There are many misunderstandings regarding the need for food and fluids at the end of life. The following information will hopefully help seniors and their families make more informed choices regarding the type of care they desire.
The following are commonly heard statements regarding the need for food and fluids as we approach the end-of-life.
1. “Dehydration & starvation are painful.”
2. “Providing IV (intravenous) fluids will make a terminally ill person more comfortable.”
3. “We cannot allow someone to starve to death.”
We all know that healthy people who don’t eat or drink adequately become hungry, thirsty, and uncomfortable.
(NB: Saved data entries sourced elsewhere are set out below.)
-- ===== src/ApiKeys/Deletion.antt =====
-- Every answer of a deletion of an API key, where no statement fails
-- (backend/database/repository/api_key_repository.go).
use mathlib.Core.Path.{subst}
use cert_vault.Prelude.{
  ℕ, ◌≡◌, ◌≢◌, ◌⊎◌, ◌↔◌, refl, Bool, true, false, Option, none, some, List, [], ◌∷◌, arith, eqb,
  eqb_iff, All, Bool-cases, inl, inr, sym, IsIn,
}
use cert_vault.Prelude.Outcome.{ok, err}
use cert_vault.Database.{
  Time, Database, ApiKeyRow, AccessRow, quiet, not_found, api_key_not_revoked,
}
use cert_vault.Database.Exec.{pure, raise, query, write, statement, transaction, ◌>>=◌, ◌>>◌}
use cert_vault.Database.Rows.{first, delete, or_not_found, first-fits}
use cert_vault.Audits.{AuditMetadata, record_audit, record_mutation_audit}
use cert_vault.ApiKeys.{key_by_id, delete_key, delete_body, delete_revoked}
use cert_vault.ApiKeys.Holder.{first-IsIn}

IsIn-delete :
    {R : Type 0} (p : R → Bool) (r : R) (rows : List R)
    → IsIn r (delete p rows) ↔ (IsIn r rows × (p r ≡ false))
unfolding delete
IsIn-delete p r [] = ((λ h. absurd h), (λ h. absurd h.0))
IsIn-delete p r (x ∷ rows) =
    let ih = IsIn-delete p r rows in
    elim (Bool-cases (p x)) [
      | inl gone ↦ rw gone (
        (λ h. let (member, e) = ih.0 h in (inr member, e)),
        (λ h. elim h.0 [
          | inl e ↦
              let same : p r ≡ true = subst (λ k. p k ≡ true) e gone in absurd (cc (same, h.1))
          | inr later ↦ ih.1 (later, h.1)
        ]),
      )
      | inr kept ↦ rw kept (
        (λ h. elim h [
          | inl e ↦ (inl e, subst (λ k. p k ≡ false) e kept)
          | inr later ↦ let (member, e) = ih.0 later in (inr member, e)
        ]),
        (λ h. elim h.0 [ inl e ↦ inl e | inr later ↦ inr (ih.1 (later, h.1)) ]),
      )
    ]

eqb_ne : (a b : ℕ) → (eqb a b ≡ false) ↔ (a ≢ b)
eqb_ne a b = (
  (λ h e. ground arith),
  (λ h. elim (Bool-cases (eqb a b)) [
    | inl same ↦ absurd (h ((eqb_iff a b).0 same))
    | inr other ↦ other
  ]),
)

other_keys :
    (id k : ℕ) (rows : List ApiKeyRow)
    → k ≡ id
    → (r : ApiKeyRow) → IsIn r (delete (key_by_id k) rows) ↔ (IsIn r rows × (r.id ≢ id))
unfolding key_by_id
other_keys id k rows e r =
    let member = IsIn-delete (key_by_id k) r rows in
    let other = eqb_ne r.id k in
    (
      (λ h. let (stored, test) = member.0 h in (stored, subst (λ n. r.id ≢ n) e (other.0 test))),
      (λ h. member.1 (h.0, other.1 (subst (λ n. r.id ≢ n) (sym e) h.1))),
    )

other_access :
    (id k : ℕ) (rows : List AccessRow)
    → k ≡ id
    → (a : AccessRow)
    → IsIn a (delete (λ a. eqb a.api_key_id k) rows) ↔ (IsIn a rows × (a.api_key_id ≢ id))
other_access id k rows e a =
    let member = IsIn-delete (λ (a : AccessRow). eqb a.api_key_id k) a rows in
    let other = eqb_ne a.api_key_id k in
    (
      (λ h.
          let (stored, test) = member.0 h in
          (stored, subst (λ n. a.api_key_id ≢ n) e (other.0 test))),
      (λ h. member.1 (h.0, other.1 (subst (λ n. a.api_key_id ≢ n) (sym e) h.1))),
    )

missing :
    (id : ℕ) (rows : List ApiKeyRow) → first (key_by_id id) rows ≡ none → All (λ r. r.id ≢ id) rows
unfolding first key_by_id
missing id [] h = tt
missing id (r ∷ rows) h = elim (Bool-cases (eqb r.id id)) [
  | inl fits ↦ absurd (let e = (rw fits at h) in cc)
  | inr other ↦ ((eqb_ne r.id id).0 other, missing id rows (rw other at h))
]

module _ (id : ℕ) (now : Time) (metadata : List AuditMetadata) (db : Database) where
  delete_key_missing :
      first (key_by_id id) db.api_keys.rows ≡ none
      → delete_key id now metadata (quiet db) ≡ (err not_found, quiet db)
  unfolding delete_key delete_body transaction query write statement or_not_found ◌>>=◌ ◌>>◌ pure
      raise
  delete_key_missing h = rw h refl

  module _ (row : ApiKeyRow) (found : first (key_by_id id) db.api_keys.rows ≡ some row) where
    delete_key_active :
        row.revoked ≡ false
        → delete_key id now metadata (quiet db) ≡ (err api_key_not_revoked, quiet db)
    unfolding delete_key delete_body delete_revoked transaction query write statement or_not_found
        ◌>>=◌ ◌>>◌ pure raise
    delete_key_active active = rw (found, active) refl

delete_key_revoked :
    (id : ℕ) (now : Time) (metadata : List AuditMetadata) (db : Database) (row : ApiKeyRow)
    → first (key_by_id id) db.api_keys.rows ≡ some row
    → row.revoked ≡ true
    → ((delete_key id now metadata (quiet db)).0 ≡ ok row.name)
      × ((delete_key id now metadata (quiet db)).1.db.api_keys.rows
          ≡ delete (key_by_id row.id) db.api_keys.rows)
      × ((delete_key id now metadata (quiet db)).1.db.access
          ≡ delete (λ a. eqb a.api_key_id row.id) db.access)
unfolding delete_key delete_body delete_revoked transaction query write statement or_not_found ◌>>=◌
    ◌>>◌ pure raise record_mutation_audit record_audit
delete_key_revoked id now [] db row found revoked = rw (found, revoked) (refl, refl, refl)
delete_key_revoked id now (m ∷ more) db row found revoked = rw (found, revoked) (refl, refl, refl)

-- of the keys and their certificate access, exactly those of the id are gone
abbrev pub IsWithout : ℕ → Database → Database → Type 0
IsWithout id before after =
    ((r : ApiKeyRow) → IsIn r after.api_keys.rows ↔ (IsIn r before.api_keys.rows × (r.id ≢ id)))
    × ((a : AccessRow) → IsIn a after.access ↔ (IsIn a before.access × (a.api_key_id ≢ id)))

-- the answer to an id that no key has, to that of an active key and to that of a revoked one
abbrev pub Answers : ℕ → Time → List AuditMetadata → Database → Type 0
Answers id now metadata db =
    (All (λ r. r.id ≢ id) db.api_keys.rows
      × (delete_key id now metadata (quiet db) ≡ (err not_found, quiet db)))
    ⊎ ((row : ApiKeyRow) × IsIn row db.api_keys.rows
        × (row.id ≡ id)
        × (((row.revoked ≡ false)
              × (delete_key id now metadata (quiet db) ≡ (err api_key_not_revoked, quiet db)))
            ⊎ ((row.revoked ≡ true)
                × ((delete_key id now metadata (quiet db)).0 ≡ ok row.name)
                × IsWithout id db (delete_key id now metadata (quiet db)).1.db)))

same_id :
    (id : ℕ) (rows : List ApiKeyRow) (row : ApiKeyRow)
    → first (key_by_id id) rows ≡ some row
    → row.id ≡ id
unfolding key_by_id
same_id id rows row found = (eqb_iff row.id id).0 (first-fits (key_by_id id) rows found)

found-Answers :
    (id : ℕ) (now : Time) (metadata : List AuditMetadata) (db : Database) (row : ApiKeyRow)
    → first (key_by_id id) db.api_keys.rows ≡ some row
    → Answers id now metadata db
found-Answers id now metadata db row e =
    let own = same_id id db.api_keys.rows row e in
    inr (
      row,
      first-IsIn (key_by_id id) db.api_keys.rows row e,
      own,
      elim (Bool-cases row.revoked) [
        | inl revoked ↦
            let (answer, keys, access) = delete_key_revoked id now metadata db row e revoked in
            inr (
              revoked,
              answer,
              (
                rw keys (other_keys id row.id db.api_keys.rows own),
                rw access (other_access id row.id db.access own),
              ),
            )
        | inr active ↦ inl (active, delete_key_active id now metadata db row e active)
      ],
    )

key-Answers :
    (id : ℕ) (now : Time) (metadata : List AuditMetadata) (db : Database) (o : Option ApiKeyRow)
    → first (key_by_id id) db.api_keys.rows ≡ o
    → Answers id now metadata db
key-Answers id now metadata db none e =
    inl (missing id db.api_keys.rows e, delete_key_missing id now metadata db e)
key-Answers id now metadata db (some row) e = found-Answers id now metadata db row e

-- Where no statement fails, a deletion has one of three answers: for an id that no key has, that
-- there is no record, and nothing has changed; for a key that is active, that it is not revoked,
-- and nothing has changed; for a revoked key its name, and of the keys and the rows of their
-- certificate access exactly those of the id are gone.
pub delete_key-Answers :
    (id : ℕ) (now : Time) (metadata : List AuditMetadata) (db : Database)
    → Answers id now metadata db
delete_key-Answers id now metadata db =
    key-Answers id now metadata db (first (key_by_id id) db.api_keys.rows) refl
But, in studies with volunteers dying from different diseases (e.g., cancer, congestive heart failure, oxygen-dependent emphysema, kidney failure, dementia), dehydration & malnourishment were not shown to be painful. The lack of food and water actually promoted comfort because of chemical changes that occurred in the body and in the brain.
For folks who are actively dying (as in the last week or two of life), the artificial (i.e., intravenous) administration of fluids usually causes discomfort. The lungs retain water, the bladder fills more often and wants to be emptied, the brain is more aware of pain, and the sensation of hunger is enhanced.
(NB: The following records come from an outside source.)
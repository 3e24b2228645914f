-- ===== src/Lib.antt =====
-- TryOps is a product stack around AI virtual try-on. This library is about the parts of its Python code
-- that decide which work is accepted and who does it.
--
-- The parts, and the file that models each:
--   * Jobs: src/tryops/jobs.py, the in-memory queue of try-on jobs. Jobs/Record.antt has `JobRecord` and the
--     methods of `InMemoryJobQueue` (`submit`, `get`, `active_count_locked`, `queue_depth_locked`, `reset`) under
--     their own names, and `_run` as `start` and `finish`, the two blocks that it executes under the queue's
--     lock; Jobs/Listing.antt has `list` (`list_jobs`) and `snapshot`. Jobs/Pool.antt puts the queue beside the
--     executor: an event is one such block, and a run is a sequence of events, each enabled where it happens.
--   * Quota: src/tryops/quota.py, the daily limits by plan. Quota/Ledger.antt has
--     `UsageQuotaLedger.check_and_record` with its loops (`run_checks`, `record_usage`), Quota/Snapshot.antt
--     `snapshot` and `reset`, Quota/Gateway.antt
--     `check_and_record_quota`, which asks the quota gateway first.
--   * Router: scripts/serve_fashn_vton_router.py, which shares requests out to one worker process for each GPU.
--     Router/State.antt has `WorkerState`, the router's state and `probe_worker`; Router/Schedule.antt has
--     `claim_worker` and `readiness`; Router/Body.antt has `_request_attrs_from_body`; Router/Requests.antt has
--     `route_infer`, cut where the request is with the worker into `route_begin` and `route_end`; Router/Traffic.antt has the runs of many such requests.
--   * Policy: src/tryops/policy.py with the records of src/tryops/contracts.py, the gates in front of the
--     promotion of a model. Policy/Model.antt has the records, Policy/Gates.antt and Policy/Promotion.antt the ten
--     gates and `evaluate_promotion` under their own names; Policy/Conditions.antt says what a promotion requires.
--   * Routing: src/tryops/routing.py, the choice of the model that serves a request. Routing/Alias.antt has
--     `resolve_model_alias`, Routing/Canary.antt `build_routing_decision` and `apply_fallback_route`;
--     Routing/Expected.antt writes the decisions down apart from the code.
--   * Cache: src/tryops/semantic_cache.py, the answers kept for prompts that come again. Cache/Entries.antt has
--     `put`, `get_generation` and `reset` of `SemanticCache`.
--   * Image: src/tryops/simple_image.py, PNG files and images of RGB pixels. Image/Filter.antt has the filters of
--     a row, Image/Png.antt `read_png_rgb` and `write_png_rgb` on the bytes of a file, Image/Resize.antt
--     `resize_nearest`, Image/Overlay.antt `overlay`; Image/Standard.antt has the filters of the PNG standard; Image/Stream.antt is about the loop over the chunks.
--   * Auth: src/tryops/auth.py, API keys and sessions. Auth/Keys.antt has `authenticate_api_key` and
--     `_find_active_key_by_hash`, Auth/Audit.antt `audit_api_key_registry`, Auth/Session.antt
--     `build_rbac_session`; Auth/Search.antt says which entry of a registry is found.
--   * Guardrails: src/tryops/guardrails.py, what is done to a prompt and an answer. Guardrails/Redaction.antt has
--     `redact_pii` and `restore_pii_placeholders`, Guardrails/Findings.antt `_dedupe_findings` and `_build_verdict`,
--     Guardrails/Ingress.antt `evaluate_ingress_guardrails`, Guardrails/Structure.antt `validate_structured_output`,
--     Guardrails/Merge.antt `merge_guardrail_verdicts`; Guardrails/Order.antt and Guardrails/Spans.antt are about the
--     spans that the loops of `redact_pii` take.
--   * Api: src/tryops/api.py. Api/Merge.antt has `_merge_job_records`, which puts the jobs of the database and of the
--     queue on one page, and Api/Loop.antt is about its loop; Api/Concurrency.antt has `_vton_job_concurrency` and the
--     submission of a try-on job under the limit of its plan, for which it uses `submit` of Jobs/Record.antt.
--   * Contracts: src/tryops/api_contracts.py, the validation of requests. Contracts/Checks.antt has the checks
--     (`_validate_int_range`, `_validate_float_range`, `_validate_timeout_ms`, `_validate_local_image_path` and
--     those that the function writes out), Contracts/Vton.antt `validate_vton_payload`; Contracts/Accepted.antt
--     says what a request is in which no error was found.
--   * Accounts: src/tryops/db.py, the members of a workspace and the invitations to it. Accounts/Store.antt has
--     the tables, Accounts/Table.antt what a statement does to one, Accounts/Members.antt
--     `update_account_member` and `remove_account_member`, Accounts/Invitations.antt
--     `_accept_pending_invitations`, Accounts/Inviting.antt `create_account_invitation` and
--     `revoke_account_invitation`; Accounts/Operations.antt puts them in sequences.
--   * Admission: src/tryops/native_admission.py, the admission of requests in Python where the native controller
--     is not built. Admission/State.antt has its records, Admission/Controller.antt the loop of `_python_fallback`,
--     with the rounds of it that a `continue` ends as verdicts.
--   * Base: lists and dicts over the native numbers, JSON values, Python's sort, sets and text methods, and what a
--     call comes to (Base/Result.antt).
-- The API (src/tryops/api.py) asks for a routing decision and a quota decision on an inference; the runner of a
-- try-on job is such an inference, and its request goes to the router. Before that the API validates the payload:
-- an accepted one names an alias that the routing resolves and a plan that the quota knows.
--
-- Conventions. A dict is an association list, in which writing to a key that is there keeps its place. A
-- value from the clock, a fresh id, an environment variable or a reply of another process is an argument.
-- Times and latencies are natural numbers, but for the integers of the admission and the texts of the
-- tables. Of SHA-256, a parameter, nothing is assumed. Parameters are also Python's floats and its `str`
-- and `int` on any value (`Python` of Base/Python.antt), zlib (`Zlib` of Image/Png.antt), what a compiled
-- pattern finds in a text, the order in which Python goes through a set, the bucket of a request id
-- (`Percents` of Routing/Canary.antt), the values of a payload and the files it names (`Python` of
-- Contracts/Checks.antt), the floats of the admission (`Floats` of Admission/State.antt), and the ids and
-- the lower case of texts in the tables (`Services` of Accounts/Store.antt). A body that the router is sent
-- is given by what Python's decoding and `json.loads` make of it. The calls on the tables run
-- one after the other; an exception leaves what was committed before it. The policy of a promotion has
-- every section that `DEFAULT_POLICY` has. An exception is its text, without the values that the source
-- puts into it. The functions are total by structural recursion. Two loops have a count: the scheduler's
-- is the number of workers, as in the source, and that of the loop over the chunks of a PNG file is the
-- number of bytes, of which each round takes twelve or all that are left.
--
-- Not modelled: the processes, sockets, logs and metric texts, the callbacks of the queue (their
-- exceptions are swallowed in the source), the verdict on an answer and the built-in substitute for the
-- native guardrail, the validation of pipelines and of LLM requests, the creation of accounts and the
-- other tables of the database, the text form of admission events, and the remaining modules of
-- src/tryops, which render reports, call services or compute with floating-point numbers.
pub mod Accounts
pub mod Admission
pub mod Api
pub mod Auth
pub mod Base
pub mod Cache
pub mod Contracts
pub mod Guardrails
pub mod Image
pub mod Jobs
pub mod Policy
pub mod Quota
pub mod Router
pub mod Routing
By interfering in this final stage of life, by altering this normal chemical process, artificial hydration delays death and prolongs suffering. If we allow “nature to take its course”, almost everyone who is terminally ill and is unable to swallow fluids will die within two to ten days. If we supply artificial fluids through an IV, this can take weeks.
It is helpful for families to remember that it is the disease that causes a person to die, not dehydration or starvation from the withholding of fluids or food. Consequently, “starvation” is the incorrect term to use in cases of terminal illness. Prior to the medical inventions of intravenous lines and feeding tubes, people died of “natural causes” and were not thought of as “starving to death”.
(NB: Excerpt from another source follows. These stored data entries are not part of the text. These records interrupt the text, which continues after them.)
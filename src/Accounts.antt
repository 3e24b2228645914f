-- ===== src/Accounts.antt =====
-- src/tryops/db.py: the members of a workspace, their roles, and the invitations to it.
pub mod Table
pub mod Store
pub mod Members
pub mod Invitations
pub mod Inviting
pub mod Owners
pub mod Joining
pub mod Operations
pub mod Tests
Thus, at the very end of life: (1) dehydration & starvation are not painful, (2) providing IV fluids does not keep a terminally ill person more comfortable, (3) IV fluid administration can prolong death, and (4) a dying person does not “starve” to death. As a loved one declines, everyone—families, friends, seniors, doctors, and nurses—can be reassured that if the choice is made to avoid artificial interventions, “nature” will take its course and proceed as intended, peacefully.
1. Ng K. Symptoms and attitudes of 100 consecutive patients admitted to an acute hospice/palliative care unit. J Pain Symptom Manage. 1998.
2. McCann R, et al. Comfort care for terminally ill patients. JAMA. 1994.
3. McGeer A, et al. Parenteral nutrition in patients receiving cancer chemotherapy. Ann Intern Med. 1989.
4. Fainsinger R. The management of dehydration in terminally ill patients. J Palliat Care. 1994.